From the entries below, copy exactly the lines from the one that contains "owned_by t a ≡ true" through the one that contains "rw owns (owner_keeps", both included, and only those.

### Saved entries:
┌────────
-- ===== src/Lqm/Routes/Owners.antt =====
-- internal/services/lqm/lqm.go, `updateRoutes`: which routes are a tracker's own.
use mesh_manager.Common.{
  ◌≡◌, refl, ap, sym, ◌∙◌, Bool, true, not, ◌&&◌, ◌||◌, List, [], ◌∷◌, Option, none, some, Bytes,
  codes, contains, equal, ◌==◌, if◌then◌else◌, load, load-store, select, length, All, arith, inl,
  inr, Bool-cases, Option-cases,
}
use mesh_manager.Lqm.{Tracker}
use mesh_manager.Lqm.Routes.{
  Route, max_metric, parse_route, is_node_route, counted_routes, by_ipv6ll, by_ip, addresses,
  update_routes,
}
use mesh_manager.Lqm.Routes.Tally.{
  is_key, routes_via, has_any, lowest, metric_or_0, load-update_routes,
}

module _ (F : Type 0) where
  -- Whether an address is one of a tracker: its link-local one, or its IP, in place of which stands
  -- the canonical one when there is no IP. An empty text is no address.
  abbrev pub owned_by : Tracker F → Bytes → Bool
  owned_by t a =
      not (equal t.ipv6ll []) && equal t.ipv6ll a
      || (if not (equal t.ip [])
          then equal t.ip a
          else not (equal t.remote.canonical_ip []) && equal t.remote.canonical_ip a)

  -- The routes of a tracker among some lines, up to "ok": those for IPv4 prefixes that can be
  -- reached, and whose next hop is an address of the tracker.
  unfoldable pub routes_to : Tracker F → List Bytes → List Route
  routes_to t [] = []
  routes_to t (line ∷ lines) =
      let rest = routes_to t lines in
      if equal line (codes "ok") then [] else elim (parse_route line) [
        | none ↦ rest
        | some r ↦
            if contains r.prefix (codes ".") && not (r.metric == 65535) && owned_by t r.via
            then r ∷ rest
            else rest
      ]

  -- An address of the tracker `t` under the key `mac` is an address of no tracker under another
  -- key, and one of another is none of its.
  abbrev pub Alone : Bytes → Tracker F → List (Bytes × Tracker F) → Type 0
  Alone mac t ts = All (λ u. (a : Bytes) → owned_by u.1 a ≡ true → equal u.0 mac ≡ owned_by t a) ts

  -- The key of the last tracker with an address.
  owner : Bytes → List (Bytes × Tracker F) → Option Bytes → Option Bytes
  owner a [] o = o
  owner a ((k, u) ∷ ts) o = owner a ts (if owned_by u a then some k else o)

  load-registered :
      (a mac : Bytes) (t : Tracker F) (m : List (Bytes × Bytes))
      → load a (by_ip F mac t (by_ipv6ll F mac t m)) ≡ (if owned_by t a then some mac else load a m)
  load-registered a mac t m = ground (
    arith,
    load-store t.ipv6ll a mac m,
    load-store t.ip a mac (by_ipv6ll F mac t m),
    load-store t.remote.canonical_ip a mac (by_ipv6ll F mac t m),
  )

  load-addresses :
      (a : Bytes) (ts : List (Bytes × Tracker F)) (m : List (Bytes × Bytes))
      → load a (addresses F ts m) ≡ owner a ts (load a m)
  unfolding addresses owner
  load-addresses a [] m = refl
  load-addresses a ((k, u) ∷ ts) m =
      load-addresses a ts (by_ip F k u (by_ipv6ll F k u m))
      ∙ ap (owner a ts) (load-registered a k u m)

  module _ (a mac : Bytes) (t : Tracker F) where
    owner_keeps :
        (ts : List (Bytes × Tracker F)) (o : Option Bytes)
        → Alone mac t ts
        → is_key mac o ≡ owned_by t a
        → is_key mac (owner a ts o) ≡ owned_by t a
    unfolding owner
    owner_keeps [] o alone h = h
    owner_keeps ((k, u) ∷ ts) o (here, alone) h = elim (Bool-cases (owned_by u a)) [
      | inl e ↦ rw e (owner_keeps ts (some k) alone (here a e))
      | inr e ↦ rw e (owner_keeps ts o alone h)
    ]

    owner_is :
        (ts : List (Bytes × Tracker F)) (o : Option Bytes)
        → load mac ts ≡ some t
        → Alone mac t ts
        → owned_by t a ≡ true
        → is_key mac (owner a ts o) ≡ owned_by t a
    unfolding owner load
    owner_is [] o there alone h = cc
    owner_is ((k, u) ∷ ts) o there (here, alone) h = elim (Bool-cases (equal k mac)) [
      | inl e ↦
          let same : u ≡ t = ground arith in
          let owns : owned_by u a ≡ true = rw same h in
          rw owns (owner_keeps ts (some k) alone (here a owns))
      | inr e ↦ owner_is ts (if owned_by u a then some k else o) (rw e at there) alone h
    ]

    owner-owned_by :
        (ts : List (Bytes × Tracker F))
        → load mac ts ≡ some t
        → Alone mac t ts
        → is_key mac (owner a ts none) ≡ owned_by t a
    owner-owned_by ts there alone = elim (Bool-cases (owned_by t a)) [
      | inl e ↦ owner_is ts none there alone e
      | inr e ↦ owner_keeps ts none alone (sym e)
    ]

  is_key-addresses :
      (a mac : Bytes) (t : Tracker F) (ts : List (Bytes × Tracker F))
      → load mac ts ≡ some t
      → Alone mac t ts
      → is_key mac (load a (addresses F ts [])) ≡ owned_by t a
  unfolding load
  is_key-addresses a mac t ts there alone =
      ap (is_key mac) (load-addresses a ts []) ∙ owner-owned_by a mac t ts there alone

  routes_via-routes_to :
      (mac : Bytes) (t : Tracker F) (ts : List (Bytes × Tracker F)) (lines : List Bytes)
      → load mac ts ≡ some t
      → Alone mac t ts
      → routes_via (addresses F ts []) mac (counted_routes lines) ≡ routes_to t lines
  unfolding counted_routes routes_to
  routes_via-routes_to mac t ts [] there alone = refl
  routes_via-routes_to mac t ts (line ∷ lines) there alone =
      elim (Option-cases (parse_route line)) [
        | inl e ↦ ground (arith, routes_via-routes_to mac t ts lines there alone)
        | inr (r, e) ↦ ground (
          arith,
          routes_via-routes_to mac t ts lines there alone,
          is_key-addresses r.via mac t ts there alone,
        )
      ]

  -- After `updateRoutes` a tracker has the counts of its own routes, if it shares no address with
  -- another one. Its own are, of the installed routes that the lines list up to the end of the
  -- answer, those with a "." in the prefix and a metric other than 65535 whose next hop is the
  -- tracker's link-local address, or its IP, or its canonical IP when it has no IP. Its count of
  -- routes is their number, its count of nodes that of those with a prefix of 32 bits; it is
  -- routable if it has one; its metric is the lowest of theirs below 2^31 - 1, and 0 without one.
  -- Its other fields are as before.
  pub update_routes-routes_to :
      (lines : List Bytes) (ts : List (Bytes × Tracker F)) (mac : Bytes) (t : Tracker F)
      → load mac ts ≡ some t
      → Alone mac t ts
      → load mac (update_routes F lines ts).trackers
        ≡ some (record t {
          babel_route_count = length (routes_to t lines);
          node_route_count = length (select is_node_route (routes_to t lines));
          routable = has_any (routes_to t lines);
          babel_metric = metric_or_0 (lowest max_metric (routes_to t lines));
        })
  update_routes-routes_to lines ts mac t there alone =
      rw (routes_via-routes_to mac t ts lines there alone) at
        (load-update_routes F lines ts mac t there)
└────────
### ANSWER SECTION:
        → owned_by t a ≡ true
        → is_key mac (owner a ts o) ≡ owned_by t a
    unfolding owner load
    owner_is [] o there alone h = cc
    owner_is ((k, u) ∷ ts) o there (here, alone) h = elim (Bool-cases (equal k mac)) [
      | inl e ↦
          let same : u ≡ t = ground arith in
          let owns : owned_by u a ≡ true = rw same h in
          rw owns (owner_keeps ts (some k) alone (here a owns))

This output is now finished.